Fortran (standardized without caps for at least the last couple decades) is current to the 2018 release. I haven't come across anybody who cares or is using it. You do eventually see a lot of older code in it in symbolic and algebraic maths in the deeper code bases still because the algorithms are complex and nobody really wants to touch someone else work if it can still be wrapped in something like R or Python and is nearly as performant as C/++.
There's Fortran inside your numpy/R installation doing the heavy lifting.

Not sure if there's real demand for paid Fortran programmers, but it's certainly not a dead language.

BLAS benchmarks show that fortran is actually faster than C is lots of scenarios.
Sure if you turn off bounds checking or similar.
The modern Fortran (2008-2018) is indeed used actively, although less than 40 years ago, as there are many rivals now. Just check out the Fortran GitHub projects.
I guess the thing about Fortran, to circle back to your question, is that it isn't common in critical infrastructure.
It's often critical, just in a completely different field. The best explanation is simply the names - Common Business-Orientated Language vs Formula Translation.

So the Fortran equivalent of the current situation was NASA being desperate for Fortran programmers to patch Voyager a few years ago (which may have been overblown - my understanding is that they had the programmers, someone just took the "what's the problem?" and ran with it). Orbital models, weather models, stuff that's deep science put into code. COBOL is stuff where business logic is put into code.

They're both titans in their fields to this day - just different fields. At a very, very high level it’s essentially matlab vs excel.

I work at a place that writes new Fortran code today. Also c++, Python, Julia. Scientists will choose the least impedance mismatch to a library, some needed data set, or their brain.
To be sure. And I don't think that modern Fortran is overly obscure that you couldn't basically pick it up over a weekend from the language specification.

Every modern Linux distribution has a current gfortran bundled.

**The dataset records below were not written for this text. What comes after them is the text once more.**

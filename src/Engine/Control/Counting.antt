-- ===== src/Engine/Control/Counting.antt =====
-- The counts behind the holds of crates/bsrs/src/engine/run_engine.rs.
use bsrs.Prelude.{
  ℕ, zero, suc, ◌+◌, ◌-◌, ◌%◌, ◌≤◌, ◌<◌, ◌≡◌, refl, sym, ap, ◌∙◌, inl, inr, Bool, true, false, not,
  none, some, List, [], ◌∷◌, ◌++◌, map, arith, ◌==◌, if◌then◌else◌, get_elem?, remove_idx, All, any,
  Bool-cases,
}
use native.Mathlib.Nat.{mod-eq_of_lt}
use bsrs.Prelude.Alls.{All-append}
use bsrs.Prelude.Rows.{All-weaken, get_elem?-map}
use bsrs.Engine.Control.{u64_mod}
use bsrs.Engine.Control.Spec.{id_test, of_run}

-- How many are true.
abbrev pub count : List Bool → ℕ
count [] = 0
count (true ∷ bs) = suc (count bs)
count (false ∷ bs) = count bs

pub count-append : (bs : List Bool) → count (bs ++ true ∷ []) ≡ suc (count bs)
count-append [] = refl
count-append (true ∷ bs) = ap suc (count-append bs)
count-append (false ∷ bs) = count-append bs

pub count-falses : (bs : List Bool) → count (map (λ b. false) bs) ≡ 0
count-falses [] = refl
count-falses (b ∷ bs) = count-falses bs

pub count-current_gone :
    (bs : List Bool) (i : ℕ) → get_elem? bs i ≡ some true → suc (count (remove_idx bs i)) ≡ count bs
count-current_gone [] i h = absurd (ground (arith, h))
count-current_gone (true ∷ bs) zero h = refl
count-current_gone (false ∷ bs) zero h = absurd (ground (arith, h))
count-current_gone (true ∷ bs) (suc i) h = ap suc (count-current_gone bs i h)
count-current_gone (false ∷ bs) (suc i) h = count-current_gone bs i h

pub count-older_gone :
    (bs : List Bool) (i : ℕ) → get_elem? bs i ≡ some false → count (remove_idx bs i) ≡ count bs
count-older_gone [] i h = absurd (ground (arith, h))
count-older_gone (true ∷ bs) zero h = absurd (ground (arith, h))
count-older_gone (false ∷ bs) zero h = refl
count-older_gone (true ∷ bs) (suc i) h = ap suc (count-older_gone bs i h)
count-older_gone (false ∷ bs) (suc i) h = count-older_gone bs i h

-- One is there when the count is not 0.
pub any-count : (bs : List Bool) → any id_test bs ≡ not (count bs == 0)
any-count [] = refl
any-count (true ∷ bs) = ground arith
any-count (false ∷ bs) = any-count bs

-- The tasks of a run that begins belong to earlier runs.
pub of_run-older :
    (gen next : ℕ) (gs : List ℕ)
    → All (λ g. g < next) gs
    → of_run next gs ≡ map (λ b. false) (of_run gen gs)
of_run-older gen next [] h = refl
of_run-older gen next (g ∷ gs) h = ground (arith, h.0, of_run-older gen next gs h.1)

pub of_run-append :
    (gen : ℕ) (gs : List ℕ) → of_run gen (gs ++ gen ∷ []) ≡ of_run gen gs ++ true ∷ []
of_run-append gen [] = ground arith
of_run-append gen (g ∷ gs) = ap (◌∷◌ (g == gen)) (of_run-append gen gs)

pub map-remove_idx :
    {A B : Type 0} (f : A → B) (xs : List A) (i : ℕ)
    → map f (remove_idx xs i) ≡ remove_idx (map f xs) i
map-remove_idx f [] i = refl
map-remove_idx f (x ∷ xs) zero = refl
map-remove_idx f (x ∷ xs) (suc i) = ap (◌∷◌ (f x)) (map-remove_idx f xs i)

pub get_elem?-absent :
    {A B : Type 0} (f : A → B) (xs : List A) (i : ℕ)
    → get_elem? xs i ≡ none
    → get_elem? (map f xs) i ≡ none
get_elem?-absent f [] i h = refl
get_elem?-absent f (x ∷ xs) zero h = absurd (ground (arith, h))
get_elem?-absent f (x ∷ xs) (suc i) h = get_elem?-absent f xs i h

pub All-remove_idx :
    {A : Type 0} (P : A → Type 0) (xs : List A) (i : ℕ) → All P xs → All P (remove_idx xs i)
All-remove_idx P [] i h = tt
All-remove_idx P (x ∷ xs) zero h = h.1
All-remove_idx P (x ∷ xs) (suc i) h = (h.0, All-remove_idx P xs i h.1)

-- After at most n steps: the holds count the tasks of this run, and no counter has wrapped.
pub record Counted (n holds gen : ℕ) (tasks : List ℕ) : Type 0 where
  pub holds_count : holds ≡ count (of_run gen tasks)
  pub older : All (λ g. g ≤ gen) tasks
  pub few_runs : gen ≤ n
  pub few_holds : holds ≤ n

pub no_wrap : (a n : ℕ) → a ≤ n → suc n < u64_mod → (a + 1) % u64_mod ≡ suc a
no_wrap a n h b = mod-eq_of_lt {n = a + 1} {m = u64_mod} (omega (arith, h, b)) ∙ omega arith

pub Counted-suc :
    {n holds gen : ℕ} {tasks : List ℕ} → Counted n holds gen tasks → Counted (suc n) holds gen tasks
Counted-suc c = record {
  holds_count = c.holds_count;
  older = c.older;
  few_runs = omega (arith, c.few_runs);
  few_holds = omega (arith, c.few_holds);
}

pub Counted-begin :
    (n holds gen : ℕ) (tasks : List ℕ)
    → Counted n holds gen tasks
    → Counted (suc n) 0 (suc gen) tasks
Counted-begin n holds gen tasks c = record {
  holds_count = sym (
      ap count (
        of_run-older gen (suc gen) tasks
          (All-weaken (λ g. g ≤ gen) (λ g. g < suc gen) (λ g l. omega arith) tasks c.older))
      ∙ count-falses (of_run gen tasks));
  older = All-weaken (λ g. g ≤ gen) (λ g. g ≤ suc gen) (λ g l. omega arith) tasks c.older;
  few_runs = omega (arith, c.few_runs);
  few_holds = omega arith;
}

pub Counted-suspend :
    (n holds gen : ℕ) (tasks : List ℕ)
    → Counted n holds gen tasks
    → Counted (suc n) (suc holds) gen (tasks ++ gen ∷ [])
Counted-suspend n holds gen tasks c = record {
  holds_count =
      ap suc c.holds_count
      ∙ sym (ap count (of_run-append gen tasks) ∙ count-append (of_run gen tasks));
  older = All-append (λ g. g ≤ gen) tasks (gen ∷ []) c.older (omega arith, tt);
  few_runs = omega (arith, c.few_runs);
  few_holds = omega (arith, c.few_holds);
}

pub Counted-lift :
    (n holds gen i g : ℕ) (tasks : List ℕ)
    → get_elem? tasks i ≡ some g
    → Counted n holds gen tasks
    → Counted (suc n) (if g == gen then holds - 1 else holds) gen (remove_idx tasks i)
Counted-lift n holds gen i g tasks e c = record {
  holds_count = elim (Bool-cases (g == gen)) [
    | inl h ↦ rw h (
        omega (
          arith,
          c.holds_count,
          count-current_gone (of_run gen tasks) i
              (get_elem?-map (λ k. k == gen) i g tasks e ∙ ap some h),
          ap count (map-remove_idx (λ k. k == gen) tasks i),
        ))
    | inr h ↦ rw h (
        omega (
          arith,
          c.holds_count,
          count-older_gone (of_run gen tasks) i
              (get_elem?-map (λ k. k == gen) i g tasks e ∙ ap some h),
          ap count (map-remove_idx (λ k. k == gen) tasks i),
        ))
  ];
  older = All-remove_idx (λ k. k ≤ gen) tasks i c.older;
  few_runs = omega (arith, c.few_runs);
  few_holds = elim (Bool-cases (g == gen)) [
    | inl h ↦ rw h (omega (arith, c.few_holds))
    | inr h ↦ rw h (omega (arith, c.few_holds))
  ];
}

Modern Fortran is amazing. Force your company to move to Fortran 2008 and beyond. A good reference book is Modern Fortran Explained: Incorporating Fortran 2018.
are accurate weather forecasts not part of society's critical infrastructure?
They are but I'm saying that the code often isn't redundant in the same way a piece of infrastructure may be.
You joke but I still see FORTRAN jobs around where I live than Ruby. I even worked for a consultancy that did a Matlab -> FORTRAN rewrite.
Fortran is super fast. For math/analytical stuff it's preffered over C. But to avoid relyance on a language with so few devs, these orgs dhould only have code that the the heavy lifting math in fortran. And use expose those as wrspped functions to some other more common and easier to use/mantain/hire
Indeed - with its stricter semantics Fortran is much easier for the compiler to generate a highly optimized machine code for.